Many of Hanu’s relationships are strained or broken, creating immense stress, anxiety, and fear.  The consistency necessary for marital health is abruptly interrupted every few months when her husband is in jail—vacillating between single parenthood and dual parenthood.  Her living environment is not conducive to conflict resolution because of the proximity to multiple adult family members. Discussions often turn to arguments, arguments to abuse.  And each sphere of relationship is negatively affected by her material poverty. 

She also suffers from multiple socio-political systems in Hawaii that have failed: a food system that promotes disease and unhealthy bodies, a punitive criminal system that dismembers families, an education system that cannot accommodate unique family needs, an economic system that exacerbates poverty, a governmental aid system that serves as a disincentive to gainful employment, and a cultural system that is often ethnically oppressive.

As we learn more about the complexity of Hanu’s brokenness, we begin to see multiple interlocking spheres.  When one sphere is stressed or broken, the pain (or sin) reverberates into all other spheres. We believe that God cares and longs to restore the brokenness in each of these interrelated spheres so that Life and sanctification may be fully expressed.

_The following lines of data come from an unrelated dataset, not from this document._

-- ===== src/Execution/Runtime/StoredResults.antt =====
-- What a run that claimed its key stores under the key.
use agent_actum.Base.{
  String, text_eq, ◌≡◌, refl, sym, ap, ◌∙◌, subst, inl, inr, true, false, Option, some, arith,
}
use agent_actum.Model.Json.{Value}
use agent_actum.Model.Exec.{Result, ok, err, pure, >>=-eq-ok, pure_state, pure-eq-ok}
use agent_actum.Model.Host.{Host}
use agent_actum.Contracts.Registry.{RegisteredTool}
use agent_actum.Idempotency.Models.{IdempotencyRecord, IdempotencyClaim, is_completed}
use agent_actum.Idempotency.Memory.{
  InMemoryIdempotencyBackend, get_record, mark_completed, in_memory_backend,
}
use agent_actum.Idempotency.Memory.Completions.{Completed, Stored, mark_completed-Completed}
use agent_actum.Execution.Models.{ExecutionResult}
use agent_actum.Execution.Runtime.Defs.{Handler, World, Run, discard, complete_claim}
use agent_actum.Execution.Runtime.Invocation.{invoke, check_preconditions}
use agent_actum.Execution.Runtime.AtMostOnce.{MemoryRuntime, MemoryWorld, on_memory}
use agent_actum.Execution.Runtime.Paths.Behind.{ClaimRules, check_preconditions-by}
use agent_actum.Execution.Runtime.Triples.{Triple, Triple-bind, Triple-Steps}

-- The key has a completed record with this result.
abbrev pub HoldsResult : String → Value → InMemoryIdempotencyBackend → Type 0
HoldsResult key v i =
    (r : IdempotencyRecord) × (get_record key i ≡ some r)
    × (is_completed r.status ≡ true)
    × (r.result ≡ v)

-- The key is held by this record, which is in progress.
abbrev pub HeldBy : IdempotencyRecord → InMemoryIdempotencyBackend → Type 0
HeldBy r i = (get_record r.key i ≡ some r) × (is_completed r.status ≡ false)

Stored-HoldsResult :
    (r m : IdempotencyRecord) (v : Value) (i i' : InMemoryIdempotencyBackend)
    → HeldBy r i
    → Stored r.key r.owner_token v i m i'
    → HoldsResult r.key v i'
Stored-HoldsResult r m v i i' (held, pending) (r', held', _, inl (finished, _, _)) =
    let same : r' ≡ r = ground (arith, held, held') in
    let never : true ≡ false = sym finished ∙ (ap (λ q. is_completed q.status) same ∙ pending) in cc
Stored-HoldsResult r m v i i' (held, pending) (r', held', _, inr (_, stored, _, done, value, _)) =
    (m, stored, done, value)

discarded :
    {A L I : Type 0} (x : Result A × I) (w u : World L I)
    → ◌≡◌ {A = Result (Unit {0}) × World L I}
        (discard x.0, record w { idempotency = x.1 })
        (ok tt, u)
    → (a : A) × (x ≡ (ok a, u.idempotency))
discarded (ok a, i) w u e = (a, ap (λ q. (ok a, q.1.idempotency)) e)
discarded (err y, i) w u e = cc

module _ {L : Type 0} (h : Host) (rt : MemoryRuntime L) (run : Run) where
  -- The completion of the claim by which the key is held stores the result.
  complete_claim-HoldsResult :
      (c : IdempotencyClaim) (result : ExecutionResult) (w u : MemoryWorld L)
      → HeldBy c.claimed w.idempotency
      → complete_claim h (on_memory h rt) (some c) result w ≡ (ok tt, u)
      → HoldsResult c.claimed.key (rt.model_dump result) u.idempotency
  unfolding complete_claim in_memory_backend
  complete_claim-HoldsResult c result w u held e =
      let v = rt.model_dump result in
      let reference : Option String = some (h.uuid_text result.execution_id) in
      let (m, done) =
        discarded (mark_completed h c.claimed.key c.claimed.owner_token reference v w.idempotency) w
          u e in
      Stored-HoldsResult c.claimed m v w.idempotency u.idempotency held (
        subst (Completed h c.claimed.key c.claimed.owner_token reference v w.idempotency) done (
          mark_completed-Completed h c.claimed.key c.claimed.owner_token reference v w.idempotency))

  module _ (c : IdempotencyClaim) where
    abbrev StoresResult : ExecutionResult → InMemoryIdempotencyBackend → Type 0
    StoresResult r i = HoldsResult c.claimed.key (rt.model_dump r) i

    stores :
        ClaimRules h
          (on_memory h rt)
          run
          (some c)
          (Triple h (on_memory h rt) run (HeldBy c.claimed) StoresResult)
    unfolding invoke
    stores = record {
      finishing = record {
        steps = Triple-Steps h (on_memory h rt) run (HeldBy c.claimed) StoresResult;
        finish = λ n r b w t a held e.
            let (_, u, first, last) =
              >>=-eq-ok (complete_claim h (on_memory h rt) (some c) r) (λ _. pure r) w t e in
            subst (λ q. StoresResult a q.idempotency) (pure_state r u t a last)
              (subst (λ q. StoresResult q u.idempotency) (pure-eq-ok r u t a last)
                (complete_claim-HoldsResult c r w u held first));
      };
      invoked = λ n tool f k w.
          Triple-bind h (on_memory h rt) run (HeldBy c.claimed) StoresResult
            (invoke h (on_memory h rt) run tool) f w refl (λ b u _. k b u);
    }

    -- From the claim on: a run that returns has stored what it returns.
    pub check_preconditions-stores :
        (tool : RegisteredTool Handler) (w t : MemoryWorld L) (r : ExecutionResult)
        → HeldBy c.claimed w.idempotency
        → check_preconditions h (on_memory h rt) run (some c) tool w ≡ (ok r, t)
        → StoresResult r t.idempotency
    check_preconditions-stores tool w t r held e =
        check_preconditions-by h (on_memory h rt) run (some c)
          (Triple h (on_memory h rt) run (HeldBy c.claimed) StoresResult) stores 0 tool w t r held e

The question of holiness could be posed thusly: what if these relationships could be healed?  We contend that this is the abundant, shalom life that God desires.  When we abandon the belief that sanctification addresses the sinful heart alone and begin to believe that the self-giving holy God that we worship desires the complexity of our existence to heal and be made new, then we begin to harness the imagination of Micah and the Shalom Community.  Sin, we believe, is a “heart issue” and a “systems issue” and a “relationship issue” (Ephesians 2), thereby making sanctification holistically relevant and necessary.  

For years, the local church created specific programs to heal suffering in each sphere (i.e. food pantry or ESL classes).  But, in Hanu’s case, her experience and suffering from sin is unique to her context, rendering generic programs partially effective at best.  Because Hanu’s sin is both internal and systemic, she suffers from a web of brokenness, rendering charitable, one-dimensional solutions too narrow and mostly unhelpful.  The only “solution” we can imagine for Hanu’s convolution of sin is the slow and gentle inclusion into a worshipping body that takes seriously God’s call to Life and holiness in every facet of existence. 

As is the case in Micah 4, only a self-giving community bent toward holiness can envision and ultimately realize holiness for Hanu’s broken context.  Only a community of shalom can realize a radically different (set apart, holy) way of life together—from the way we consume and clothe ourselves to how we interact with the broader market economy, from the way we nurse our babies to the way we adopt unwanted children, from the way we embrace a diversity of cultures to the way we worship one God, from the way we use our ploughshares for farming to the refusal to bear arms. These are part of the Shalom Community—these are all part of Hanu’s sanctification. We find that we can not talk of Hanu’s holiness apart from the holiness of the community in which she lives. Imagining and enacting such a community contextualizes Hanu’s life while caring for both individual and communal growth in Christ.